Are you dead yet?
Filed in: Ed's blog spot
Ed the Editor's personal blog corner
A few years ago I was involved in a car accident that turned my life upside down. (I recommend Saabs, it completely destroyed the GM car that ploughed into me.) Although it was a bad time there were some highlights that still make me smile and I have dined out on a couple of episodes.
Picture if you will, I am living in a log cabin a few yards from a main house located smack bang in the middle of the countryside. It is a tiny shack and the roof and most of the windows are covered in vines. I am in a deep post trauma depression, not that anyone really knows, and I have been avoiding people for a few days. The landlady is very worried and calls by to say hi and brings me a cake. (I have been eating 10 donuts a day but don't let on.) She announces that she is going away for a few days. Her husband will look out for me. Oh boy, I can hardly wait. He is a very stand-off distant person by nature and I barely know the guy.
Next morning I hear this timid knock on the door and a gruff voice asks,
"Are you dead yet?" It was the first time I have spoken to him properly, it is the first time I have smiled in days.
From the moment he opened the day to say, "hi", I knew I was going to like this person. He sounded timid because he was, he was shy and introvert and quiet. And he didn't talk to many people because he was incredibly intuitive and didn't usually like what he saw. I was like an open book to him, and he could see what a state I was in, even though I tried to put on a brave face. We became instant friends.

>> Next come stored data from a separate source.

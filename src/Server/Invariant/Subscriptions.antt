-- ===== src/Server/Invariant/Subscriptions.antt =====
-- The invariant when a subscription joins or leaves the topics of server/inner.rs.
use frclib_nettables.Base.{
  ℕ, ◌≡◌, ◌≢◌, ◌⊎◌, inl, inr, none, List, [], ◌∷◌, ◌++◌, In, In-append, arith,
}
use frclib_nettables.Base.Map.{
  Map, nat_key, text_key, lookup, insert, remove, adjust, lookup-remove, In-insert, In-remove,
  In-adjust,
}
use frclib_nettables.Base.Text.{Text}
use frclib_nettables.Server.Invariant.{Wf}
use frclib_nettables.Server.Invariant.Stores.{lookup-adjust_kept}
use frclib_nettables.Server.Util.{StoredSubValue}
use frclib_nettables.Spec.Subscription.{Subscription}
use frclib_nettables.Spec.Topic.{Topic}

-- A list of lists without one subscription: `leave` is what `unsubscribe` does to every list.
pub record Leaves (k : ℕ) (m m' : Map ℕ (List ℕ)) : Type 0 where
  pub kept : (i : ℕ) → lookup i m ≢ none → lookup i m' ≢ none
  pub shrunk :
      (i j : ℕ) (l' : List ℕ)
      → In (i, l') m'
      → In j l'
      → (l : List ℕ) × In (i, l) m × In j l × (k ≢ j)

module _ {V : Type 0} {next : ℕ} {topics : Map ℕ Topic} {topic_map : Map Text ℕ}
    {topic_sub_map : Map ℕ (List ℕ)} {subs : Map ℕ (Subscription × ℕ)}
    {vals : Map ℕ (StoredSubValue V)} {stamps : Map ℕ ℕ}
    (v : Wf next topics topic_map topic_sub_map subs vals stamps) where
  -- A known subscription is put on a topic's list.
  pub Wf-join :
      (k topic_idx : ℕ)
      → lookup k vals ≢ none
      → Wf next topics topic_map
          (adjust topic_idx (λ l. l ++ k ∷ []) topic_sub_map)
          subs
          vals
          stamps
  Wf-join k topic_idx known = record {
    name_of = v.name_of;
    named_once = v.named_once;
    mapped_fresh = v.mapped_fresh;
    topics_fresh = v.topics_fresh;
    mapped_subs = λ i n m.
        lookup-adjust_kept topic_idx i (λ l. l ++ k ∷ []) topic_sub_map (v.mapped_subs i n m);
    topics_subs = λ i t e.
        lookup-adjust_kept topic_idx i (λ l. l ++ k ∷ []) topic_sub_map (v.topics_subs i t e);
    listed = λ i j l m h.
        let (l', there, from) = In-adjust topic_idx i (λ l. l ++ k ∷ []) topic_sub_map l m in
        joined j l' l from (v.listed i j l' there) h;
    stored = v.stored;
    stamped = v.stamped;
  }
    where
      joined :
          (j : ℕ) (l' l : List ℕ)
          → (l ≡ l') ⊎ (l ≡ l' ++ k ∷ [])
          → (In j l' → lookup j vals ≢ none)
          → In j l
          → lookup j vals ≢ none
      joined j l' l (inl e) old h = old (rw e at h)
      joined j l' l (inr e) old h = new (In-append j l' (k ∷ []) (rw e at h))
        where
          new : In j l' ⊎ In j (k ∷ []) → lookup j vals ≢ none
          new (inl m) = old m
          new (inr (inl e')) = rw e' known
          new (inr (inr m)) = absurd m

  -- A subscription that has its store and its instant is entered.
  pub Wf-enter :
      (k : ℕ) (x : Subscription × ℕ)
      → lookup k vals ≢ none
      → lookup k stamps ≢ none
      → Wf next topics topic_map topic_sub_map (insert k x subs) vals stamps
  Wf-enter k x known stamp = record {
    name_of = v.name_of;
    named_once = v.named_once;
    mapped_fresh = v.mapped_fresh;
    topics_fresh = v.topics_fresh;
    mapped_subs = v.mapped_subs;
    topics_subs = v.topics_subs;
    listed = v.listed;
    stored = λ j y m e. ground (arith, In-insert k j x y subs m, v.stored j y);
    stamped = λ j y m e. ground (arith, In-insert k j x y subs m, v.stamped j y);
  }

  -- A subscription goes from every map.
  pub Wf-leave :
      (k : ℕ) (topic_sub_map' : Map ℕ (List ℕ))
      → Leaves k topic_sub_map topic_sub_map'
      → Wf next topics topic_map topic_sub_map' (remove k subs) (remove k vals) (remove k stamps)
  Wf-leave k m' gone = record {
    name_of = v.name_of;
    named_once = v.named_once;
    mapped_fresh = v.mapped_fresh;
    topics_fresh = v.topics_fresh;
    mapped_subs = λ i n m. gone.kept i (v.mapped_subs i n m);
    topics_subs = λ i t e. gone.kept i (v.topics_subs i t e);
    listed = λ i j l m h e.
        let (l', there, inside, other) = gone.shrunk i j l m h in
        ground (arith, lookup-remove k j vals, v.listed i j l' there inside);
    stored =
        λ j y m e. ground (arith, In-remove k j y subs m, lookup-remove k j vals, v.stored j y);
    stamped =
        λ j y m e. ground (arith, In-remove k j y subs m, lookup-remove k j stamps, v.stamped j y);
  }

An illiterate but artistic genius, he taught me how to paint, how to see, how to draw and how to understand. It was the most educational few months of my life, and in many ways I am thankful for that nasty episode, else I would still be a fairly closed book.
And if it hadn't been for the dire direction some medication took me, prescribed sometime later by a literate doctor, I would never have been able to tell another friend the story about building this huge bonfire and burning all my worldly possessions in a fit of drug-induced paranoid pique. And if I hadn't told him that, he would never have been able to make my new wife laugh so hard at my wedding when he asked, poker-face. "When do you think you're husband is going to burn the presents?"